(Dataset records)

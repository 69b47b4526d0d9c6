-- ===== src/Value/Region.antt =====
-- What `create_value` builds is what the readers see, and what is given back is what was taken.
use yakushima.Common.{
  ℕ, ◌+◌, ◌%◌, ◌^◌, ◌<◌, ◌≤◌, ◌≡◌, ◌∙◌, ap, true, false, ◌==◌, List, some, none, arith, bit_or,
  update, ==_refl, add64,
}
use yakushima.Common.Bits.{bit_or_flag}
use yakushima.Value.{
  Header, Memory, new_header, at_least_8, val_ptr_flag, remove_ptr_flag, is_value_ptr, need_delete,
  get_body, get_len, get_gc_info, create_value, delete_value, total_len,
}
use yakushima.Value.Word.{remove_ptr_flag-eq, is_value_ptr-flag}

-- A word that points to a header.
pub record Points (m : Memory) (val p : ℕ) (h : Header) : Type 0 where
  pub address : remove_ptr_flag val ≡ p
  pub flagged : (p == val) ≡ false
  pub holds : m.header p ≡ some h

module _ {m : Memory} {val p : ℕ} {h : Header} (at : Points m val p h) where
  need_delete-Points : need_delete m val ≡ some h.need_delete
  unfolding need_delete
  need_delete-Points = rw (at.address, at.flagged, at.holds)

  get_body-Points : get_body m val ≡ some (add64 p h.align)
  unfolding get_body
  get_body-Points = rw (at.address, at.flagged, at.holds)

  get_len-Points : get_len m val ≡ some h.len
  unfolding get_len
  get_len-Points = rw (at.address, at.flagged, at.holds)

  get_gc_info-Points : get_gc_info m val ≡ some (p, (h.len + h.align) % 2 ^ 32, h.align)
  unfolding get_gc_info
  get_gc_info-Points = rw (at.address, at.flagged, at.holds)

  delete_value-Points : delete_value m val ≡ some (record m { header = update m.header p none })
  unfolding delete_value
  delete_value-Points = rw (at.address, at.flagged, at.holds)

Points-new :
    (m : Memory) (p : ℕ) (h : Header)
    → p < 2 ^ 62
    → Points (record m { header = update m.header p (some h) }) (bit_or p val_ptr_flag) p h
Points-new m p h lt = record {
  address = ground (arith, remove_ptr_flag-eq (bit_or p val_ptr_flag), bit_or_flag 62 p lt);
  flagged = ground (arith, bit_or_flag 62 p lt);
  holds = rw (==_refl p);
}

-- What a caller of `create_value` can rely on.
pub record Created (m : Memory) (p : ℕ) (contents : List ℕ) (v_len v_align : ℕ) : Type 0 where
  pub memory : Memory
  pub word : ℕ
  pub returns : create_value m (some p) contents v_len v_align ≡ some (memory, word)
  pub pointer : is_value_ptr word ≡ true
  pub active : need_delete memory word ≡ some true
  pub length : get_len memory word ≡ some v_len
  pub body : get_body memory word ≡ some (p + at_least_8 v_align)
  pub stored : memory.bytes (p + at_least_8 v_align) ≡ contents
  pub region : get_gc_info memory word ≡ some (p, total_len v_len v_align, at_least_8 v_align)
  pub released :
      delete_value memory word ≡ some (record memory { header = update memory.header p none })

-- A value whose length, with its header, fits 32 bits and whose alignment fits 16 bits reads back
-- as it was created: flagged, active, with its length and bytes, and with the region that was
-- asked of `operator new` as the one to give back, behind an address below `2 ^ 62`.
pub create_value-Created :
    (m : Memory) (p : ℕ) (contents : List ℕ) (v_len v_align : ℕ)
    → p + at_least_8 v_align < 2 ^ 62
    → at_least_8 v_align < 2 ^ 16
    → v_len + at_least_8 v_align < 2 ^ 32
    → Created m p contents v_len v_align
unfolding create_value total_len
create_value-Created m p contents v_len v_align fits align_fits len_fits = record {
  memory = after;
  word = v;
  returns = rw body1;
  pointer = is_value_ptr-flag p (omega arith);
  active = need_delete-Points there;
  length = get_len-Points there ∙ ap some (omega arith);
  body = get_body-Points there ∙ ap some (omega arith);
  stored = rw (==_refl (p + at_least_8 v_align));
  region =
      get_gc_info-Points there
      ∙ ap (λ (n : ℕ). some (p, n, at_least_8 v_align % 2 ^ 16)) sizes
      ∙ ap (λ (a : ℕ). some (p, add64 v_len (at_least_8 v_align), a)) aligns;
  released = delete_value-Points there;
}
  where
    h : Header
    h = new_header v_len (at_least_8 v_align)

    v : ℕ
    v = bit_or p val_ptr_flag

    before : Memory
    before = record m { header = update m.header p (some h) }

    after : Memory
    after = record before { bytes = update m.bytes (p + at_least_8 v_align) contents }

    here : Points before v p h
    here = Points-new m p h (omega arith)

    there : Points after v p h
    there = record { address = here.address; flagged = here.flagged; holds = here.holds }

    body1 : get_body before v ≡ some (p + at_least_8 v_align)
    body1 = get_body-Points here ∙ ap some (omega arith)

    aligns : at_least_8 v_align % 2 ^ 16 ≡ at_least_8 v_align
    aligns = omega arith

    sizes :
        (v_len % 2 ^ 32 + at_least_8 v_align % 2 ^ 16) % 2 ^ 32 ≡ add64 v_len (at_least_8 v_align)
    sizes = omega arith

-- A length of `2 ^ 32` or more is cut to 32 bits: the length that is read back is smaller than the
-- one that was put, although `value_length_type` is `std::size_t`.
pub get_len-truncated :
    (m : Memory) (p : ℕ) (v_len v_align : ℕ)
    → p < 2 ^ 62
    → 2 ^ 32 ≤ v_len
    → (n : ℕ) × (get_len
          (record m { header = update m.header p (some (new_header v_len (at_least_8 v_align))) })
          (bit_or p val_ptr_flag)
        ≡ some n)
      × (n < v_len)
get_len-truncated m p v_len v_align lt big = (
  v_len % 2 ^ 32,
  get_len-Points (Points-new m p (new_header v_len (at_least_8 v_align)) lt),
  omega arith,
)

> **GOAL OF THE EXERCISE**
Collect every line from the records above that contains the word "true".

> **EXERCISE RESULT**
  ℕ, ◌+◌, ◌%◌, ◌^◌, ◌<◌, ◌≤◌, ◌≡◌, ◌∙◌, ap, true, false, ◌==◌, List, some, none, arith, bit_or,
  pub pointer : is_value_ptr word ≡ true
  pub active : need_delete memory word ≡ some true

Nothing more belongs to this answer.